- [Provided data]
-- ===== src/Sane/Match/Options/Entry.antt =====
-- The entry that sane_find_matching_options of src/scanbd/sane.c makes for an option.
use scanbd.Prelude.{
  ℕ, ◌≡◌, refl, inl, inr, Bool, true, false, ◌&&◌, ◌||◌, not, Option, none, some, [], ◌∷◌, CString,
  Bool-cases, is_neg, arith,
}
use mathlib.Core.Option
use scanbd.Sane.Types.{
  Descriptor, Driver, Regex, OptValue, ValueType, type_string, DevOption, Action,
}
use scanbd.Sane.Value.Read.{get_sane_option_value, is_numerical, is_string}
use scanbd.Sane.Match.Options.{new_entry, script_of, numerical_entry, string_entry, common_entry}

abbrev pub is_set {ℓ} : {A : Type ℓ} → Option A → Bool
is_set none = false
is_set (some a) = true

-- The polling loop runs an entry with a script that is not empty.
abbrev pub runs_script : Option CString → Bool
runs_script none = false
runs_script (some []) = false
runs_script (some (c ∷ s)) = true

abbrev pub is_text : Option ValueType → Bool
is_text none = false
is_text (some t) = is_string t

abbrev pub has_string_trigger : DevOption → Bool
has_string_trigger o = is_set o.from_value.reg && (is_set o.to_value.reg && is_set o.value.str)

-- BOOL | INT | FIXED | BUTTON | STRING
abbrev pub is_accepted : Option ValueType → Bool
is_accepted none = false
is_accepted (some t) = is_numerical t || is_string t

-- An entry for an option of a given type that the polling loop can check.
abbrev pub is_ready : Option ValueType → DevOption → Bool
is_ready t o = is_accepted t && (runs_script o.script && (not (is_text t) || has_string_trigger o))

-- The type of every option is fixed while the device is open (the SANE standard).
abbrev pub HasTypes : {D : Type 0} → Driver D → (ℕ → Option ValueType) → Type 0
HasTypes {D} sane ty = (d : D) (n : ℕ) → Option.map Descriptor.type (sane.descriptor d n) ≡ ty n

-- regcomp returns zero or a positive error code (POSIX).
abbrev pub NeverNegative : Regex → Type 0
NeverNegative re = (pattern : CString) → is_neg (re.regcomp pattern) ≡ false

pub script_of-runs : (s : Option CString) → runs_script (some (script_of s)) ≡ true
script_of-runs none = refl
script_of-runs (some []) = refl
script_of-runs (some (c ∷ s)) = refl

not_both : (t : ValueType) → is_string t ≡ true → is_numerical t ≡ false
not_both type_string h = refl
not_both _ h = ground arith

not_text : (t : ValueType) → is_numerical t ≡ true → is_string t ≡ false
not_text type_string h = ground arith
not_text _ h = ground arith

-- The value of a string option has a string.
pub read-is_set :
    {D : Type 0} (sane : Driver D) (d : D) (n : ℕ) {odesc : Descriptor}
    → sane.descriptor d n ≡ some odesc
    → is_string odesc.type ≡ true
    → is_set (get_sane_option_value sane d n).0.str ≡ true
unfolding get_sane_option_value
read-is_set sane d n {odesc} e h =
    rw (e, get_sane_option_value) (rw (not_both odesc.type h, h) (ground arith))

-- The entry that is made for an accepted option counts, has its number, and is ready.
pub new_entry-is_ready :
    (re : Regex) (action : Action) (odesc : Descriptor) (opt : ℕ) (old : DevOption) (v : OptValue)
    → NeverNegative re
    → (is_numerical odesc.type || is_string odesc.type) ≡ true
    → (is_string odesc.type ≡ true → is_set v.str ≡ true)
    → (entry : DevOption) × (new_entry re action odesc opt old v ≡ some (entry, true))
      × (entry.number ≡ opt)
      × (is_ready (some odesc.type) entry ≡ true)
unfolding new_entry
new_entry-is_ready re action odesc opt old v nn acc h =
    elim (Bool-cases (is_numerical odesc.type)) [
      | inl num ↦ (
        numerical_entry action (common_entry action opt old) v,
        rw num,
        refl,
        rw (acc, script_of-runs action.script, not_text odesc.type num),
      )
      | inr other ↦
          let text : is_string odesc.type ≡ true = rw other at acc in
          (
            string_entry true action (common_entry action opt old) v,
            rw (other, text, nn action.str_from, nn action.str_to),
            refl,
            rw (acc, script_of-runs action.script, text, h text),
          )
    ]
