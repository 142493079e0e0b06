-- ===== src/Sane/Poll/Check.antt =====
-- The check of one option in the polling loop of sane_poll of src/scanbd/sane.c, up to the new
-- value of its entry. `none` is a fault: a failed assertion, an access outside st->opts, or a null
-- pointer that is read.
pub mod Ready
pub mod Safe
pub mod Fires
use scanbd.Prelude.{
  ℕ, ◌>>=◌, if◌then◌else◌, ◌==◌, Bool, true, false, ◌&&◌, Option, none, some, get_elem?, store,
}
use scanbd.Sane.Types.{Descriptor, Driver, Regex, OptValue, Thread, DevOption}
use scanbd.Sane.Value.Read.{get_sane_option_value, is_numerical, is_string}
use scanbd.Sane.Match.Search.{find_number}
use scanbd.Sane.Match.Options.Entry.{runs_script}

-- The thread once an action has been done with: the end of the critical section after the script.
abbrev pub handled : Thread → Thread
handled st = record st { triggered = false; triggered_option = none }

-- A copy of the value of an earlier entry for the same option.
unfoldable pub copy_value : OptValue → OptValue
copy_value v = record v { reg = none }

-- The right operand of the string trigger's `&&`, read only if the left one holds.
unfoldable pub to_matches : Bool → Regex → DevOption → OptValue → Option Bool
to_matches false re entry value = some false
to_matches true re entry value = do
  to ← entry.to_value.reg
  after ← value.str
  some (re.matches to after)

-- Whether the change from the entry's value to the new one fires the trigger.
unfoldable pub fires : Regex → Descriptor → DevOption → OptValue → Option Bool
unfolding to_matches
fires re odesc entry value =
    if is_numerical odesc.type
    then some (
        (entry.from_value.num_value == entry.value.num_value)
        && (entry.to_value.num_value == value.num_value))
    else if is_string odesc.type
    then (do
      from ← entry.from_value.reg
      before ← entry.value.str
      to_matches (re.matches from before) re entry value)
    else none

-- The descriptor of an option of the opened device.
unfoldable pub open_descriptor : {D : Type 0} → Driver D → D → Thread → ℕ → Option Descriptor
open_descriptor sane d st n = if st.is_open then sane.descriptor d n else none

module _ {D : Type 0} (sane : Driver D) where
  -- An option is queried once in a pass; a later entry for it takes the earlier one's value.
  unfoldable pub new_value : D → Thread → ℕ → DevOption → Option (OptValue × D)
  unfolding copy_value
  new_value d st si entry = do
    o ← find_number DevOption.number si st.opts entry.number 0
    if o == si
        then some (get_sane_option_value sane d entry.number)
        else (do earlier ← get_elem? st.opts o; some (copy_value earlier.value, d))

module _ {D : Type 0} (sane : Driver D) (re : Regex) where
  -- The check of an entry with a script.
  unfoldable pub check_entry : D → Thread → ℕ → DevOption → Descriptor → Option (D × Thread)
  unfolding fires
  check_entry d st si entry odesc = do
    (value, d') ← new_value sane d st si entry
    fired ← fires re odesc entry value
    opts ← store st.opts si (record entry { value = value })
    some (
      d',
      record st {
        opts = opts;
        triggered = if fired then true else st.triggered;
        triggered_option = if fired then some si else st.triggered_option;
      },
    )

  -- An entry without a script is passed over.
  unfoldable pub check_option : D → Thread → ℕ → Option (D × Thread)
  check_option d st si = do
    entry ← get_elem? st.opts si
    odesc ← open_descriptor sane d st entry.number
    if runs_script entry.script then check_entry d st si entry odesc else some (d, st)
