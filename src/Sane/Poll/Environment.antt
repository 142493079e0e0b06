-- ===== src/Sane/Poll/Environment.antt =====
-- The environment of an action's script, as sane_poll of src/scanbd/sane.c builds it. `none` is a
-- fault: a failed assertion or an access outside an array.
pub mod Complete
pub mod Functions
pub mod Parts
pub mod Unread
use scanbd.Prelude.{
  ℕ, zero, suc, ◌+◌, ◌>>=◌, if◌then◌else◌, ◌==◌, Bool, true, false, ◌||◌, Option, none, some, List,
  [], ◌∷◌, ◌++◌, CString, lit, decimal, length, take, get_elem?,
}
use scanbd.Sane.Types.{
  Descriptor, Driver, OptValue, ValueType, type_bool, type_int, type_fixed, type_button, Thread,
  DevOption, DevFunction,
}
use scanbd.Sane.Value.Read.{sane_option_value_init, get_sane_option_value, is_string}
use scanbd.Sane.Match.Search.{find_number}
use scanbd.Sane.Poll.Check.{open_descriptor}

-- What the process and the configuration hand over: getenv, getcwd, getpwuid(geteuid()) and the
-- names of the two variables of the environment section.
pub record Process : Type 0 where
  pub getenv : CString → Option CString
  pub getcwd : Option CString
  pub passwd : Option (CString × CString)
  pub device_env : Option CString
  pub action_env : Option CString

-- snprintf(env[e], NAME_MAX, "%s=%s", name, value), with NAME_MAX 255.
unfoldable pub assign : CString → CString → CString
assign name value = take 254 (name ++ (lit "=" ++ value))

abbrev pub is_button : ValueType → Bool
is_button type_button = true
is_button _ = false

-- The types whose values are printed as numbers, whatever is polled.
abbrev pub is_number : ValueType → Bool
is_number type_bool = true
is_number type_int = true
is_number type_fixed = true
is_number _ = false

-- What printf's `%s` prints for a pointer that may be NULL (as the GNU library does).
abbrev pub or_null : Option CString → CString
or_null none = lit "(null)"
or_null (some s) = s

module _ {D : Type 0} (sane : Driver D) where
  -- The value of a function's option: not read again if the option has an action.
  unfoldable pub function_value : D → Thread → DevFunction → Option (OptValue × D)
  function_value d st function = do
    o ← find_number DevOption.number st.num_of_options_with_scripts st.opts function.number 0
    if o == st.num_of_options_with_scripts
        then some (get_sane_option_value sane d function.number)
        else some (sane_option_value_init, d)

  -- The string of one function, while an option of the type `polled` is checked: the last test for a
  -- number is that the option that is checked is a button, not the function's.
  unfoldable pub function_string : ValueType → D → Thread → DevFunction → Option (CString × D)
  function_string polled d st function = do
    fdesc ← open_descriptor sane d st function.number
    (v, d') ← function_value d st function
    if is_number fdesc.type || is_button polled
        then some (assign (or_null function.env) (decimal v.num_value), d')
        else if is_string fdesc.type
        then some (assign (or_null function.env) (or_null v.str), d')
        else none

  -- The loop over the functions, with the entries left.
  unfoldable pub function_strings :
      ValueType → ℕ → List DevFunction → D → Thread → Option (List CString × D)
  function_strings polled zero fs d st = some ([], d)
  function_strings polled (suc k) [] d st = none
  function_strings polled (suc k) (f ∷ fs) d st = do
    (s, d') ← function_string polled d st f
    (ss, d'') ← function_strings polled k fs d' st
    some (s ∷ ss, d'')

-- PATH has a default.
unfoldable pub path_string : Process → CString
path_string p = elim (p.getenv (lit "PATH")) [
  | none ↦ assign (lit "PATH") (lit "/usr/sbin:/usr/bin:/sbin:/bin")
  | some path ↦ assign (lit "PATH") path
]

-- PWD, as it is set or else found, is left out if it is neither.
unfoldable pub pwd_from : Option CString → Option CString → List CString
pwd_from (some wd) cwd = assign (lit "PWD") wd ∷ []
pwd_from none (some wd) = assign (lit "PWD") wd ∷ []
pwd_from none none = []

abbrev pub pwd_strings : Process → List CString
pwd_strings p = pwd_from (p.getenv (lit "PWD")) p.getcwd

-- USER and HOME default to the password entry, which is asserted to be there.
unfoldable pub or_passwd :
    CString
    → (CString × CString → CString)
    → Option CString
    → Option (CString × CString)
    → Option CString
or_passwd name field (some value) passwd = some (assign name value)
or_passwd name field none (some pwd) = some (assign name (field pwd))
or_passwd name field none none = none

abbrev pub user_string : Process → Option CString
user_string p = or_passwd (lit "USER") (λ pwd. pwd.0) (p.getenv (lit "USER")) p.passwd

abbrev pub home_string : Process → Option CString
home_string p = or_passwd (lit "HOME") (λ pwd. pwd.1) (p.getenv (lit "HOME")) p.passwd

-- A variable whose name is configured.
unfoldable pub named_strings : Option CString → CString → List CString
named_strings none value = []
named_strings (some name) value = assign name value ∷ []

module _ {D : Type 0} (sane : Driver D) where
  -- The strings before the NULL entry, for a triggered action; the last assertion is that they
  -- fill the array.
  unfoldable pub environment : Process → ValueType → D → Thread → ℕ → Option (List CString × D)
  environment p polled d st triggered = do
    (fs, d') ← function_strings sane polled st.num_of_options_with_functions st.functions d st
    user ← user_string p
    home ← home_string p
    action ← get_elem? st.opts triggered
    let env =
        fs
        ++ (path_string p
            ∷ (pwd_strings p
                ++ (user
                    ∷ home
                    ∷ (named_strings p.device_env st.dev_name
                        ++ named_strings p.action_env (or_null action.action_name)))))
    if length env == st.num_of_options_with_functions + 6 then some (env, d') else none
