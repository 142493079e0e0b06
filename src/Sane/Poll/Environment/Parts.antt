-- ===== src/Sane/Poll/Environment/Parts.antt =====
-- The number of strings in the fixed part of the environment (sane_poll of src/scanbd/sane.c).
use scanbd.Prelude.{
  ℕ, ◌+◌, ◌≡◌, refl, Bool, true, false, ◌&&◌, ◌||◌, Option, none, some, List, ◌∷◌, ◌++◌, CString,
  lit, ◌==◌, ==_iff, ==_ne, length, length-append, arith,
}
use scanbd.Sane.Types.{Thread, DevOption}
use scanbd.Sane.Match.Options.Entry.{is_set}
use scanbd.Sane.Poll.Environment.{
  Process, or_null, path_string, pwd_strings, pwd_from, or_passwd, named_strings,
}

-- Every variable of the fixed part of the environment is there.
abbrev pub has_all : Process → Bool
has_all p =
    (is_set (p.getenv (lit "PWD")) || is_set p.getcwd)
    && ((is_set (p.getenv (lit "USER")) || is_set p.passwd)
        && ((is_set (p.getenv (lit "HOME")) || is_set p.passwd)
            && (is_set p.device_env && is_set p.action_env)))

-- The number of strings that a part contributes.
abbrev pub count : Bool → ℕ
count true = 1
count false = 0

pub pwd_count :
    (set cwd : Option CString) → length (pwd_from set cwd) ≡ count (is_set set || is_set cwd)
unfolding pwd_from
pwd_count (some wd) cwd = refl
pwd_count none (some wd) = refl
pwd_count none none = refl

pub named_count :
    (name : Option CString) (value : CString)
    → length (named_strings name value) ≡ count (is_set name)
unfolding named_strings
named_count none value = refl
named_count (some name) value = refl

pub or_passwd-is_set :
    (name : CString) (field : CString × CString → CString) (set : Option CString)
    (passwd : Option (CString × CString))
    → is_set (or_passwd name field set passwd) ≡ (is_set set || is_set passwd)
unfolding or_passwd
or_passwd-is_set name field (some value) passwd = refl
or_passwd-is_set name field none (some pwd) = refl
or_passwd-is_set name field none none = refl

-- The parts fill the array exactly if the three that may be missing are there.
pub fills :
    (n k : ℕ) (a b c : Bool)
    → n ≡ k + (1 + (count a + (2 + (count b + count c))))
    → (n == (k + 6)) ≡ (a && (b && c))
fills n k true true true h = (==_iff n (k + 6)).1 (omega arith)
fills n k true true false h = ==_ne n (k + 6) (omega arith)
fills n k true false true h = ==_ne n (k + 6) (omega arith)
fills n k true false false h = ==_ne n (k + 6) (omega arith)
fills n k false true true h = ==_ne n (k + 6) (omega arith)
fills n k false true false h = ==_ne n (k + 6) (omega arith)
fills n k false false true h = ==_ne n (k + 6) (omega arith)
fills n k false false false h = ==_ne n (k + 6) (omega arith)

-- The parts of an environment, put together.
abbrev pub parts : Process → Thread → List CString → CString → CString → DevOption → List CString
parts p st fs user home action =
    fs
    ++ (path_string p
        ∷ (pwd_strings p
            ++ (user
                ∷ home
                ∷ (named_strings p.device_env st.dev_name
                    ++ named_strings p.action_env (or_null action.action_name)))))

pub parts-count :
    (p : Process) (st : Thread) (fs : List CString) (user home : CString) (action : DevOption)
    (k : ℕ)
    → length fs ≡ k
    → length (parts p st fs user home action)
      ≡ k
        + (1
            + (count (is_set (p.getenv (lit "PWD")) || is_set p.getcwd)
                + (2 + (count (is_set p.device_env) + count (is_set p.action_env)))))
parts-count p st fs user home action k h =
    let device = named_strings p.device_env st.dev_name in
    let script = named_strings p.action_env (or_null action.action_name) in
    let rest = user ∷ home ∷ (device ++ script) in
    omega (
      arith,
      h,
      length-append fs (path_string p ∷ (pwd_strings p ++ rest)),
      length-append (pwd_strings p) rest,
      length-append device script,
      pwd_count (p.getenv (lit "PWD")) p.getcwd,
      named_count p.device_env st.dev_name,
      named_count p.action_env (or_null action.action_name),
    )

- [What you need to do]
Which lines run from the one holding "function_value d st function = do" through the one holding "function_strings polled (suc k) (f" in the records above? Repeat them exactly, both included, and nothing more.

- [Completed exercise]
  function_value d st function = do
    o ← find_number DevOption.number st.num_of_options_with_scripts st.opts function.number 0
    if o == st.num_of_options_with_scripts
        then some (get_sane_option_value sane d function.number)
        else some (sane_option_value_init, d)

  -- The string of one function, while an option of the type `polled` is checked: the last test for a
  -- number is that the option that is checked is a button, not the function's.
  unfoldable pub function_string : ValueType → D → Thread → DevFunction → Option (CString × D)
  function_string polled d st function = do
    fdesc ← open_descriptor sane d st function.number
    (v, d') ← function_value d st function
    if is_number fdesc.type || is_button polled
        then some (assign (or_null function.env) (decimal v.num_value), d')
        else if is_string fdesc.type
        then some (assign (or_null function.env) (or_null v.str), d')
        else none

  -- The loop over the functions, with the entries left.
  unfoldable pub function_strings :
      ValueType → ℕ → List DevFunction → D → Thread → Option (List CString × D)
  function_strings polled zero fs d st = some ([], d)
  function_strings polled (suc k) [] d st = none
  function_strings polled (suc k) (f ∷ fs) d st = do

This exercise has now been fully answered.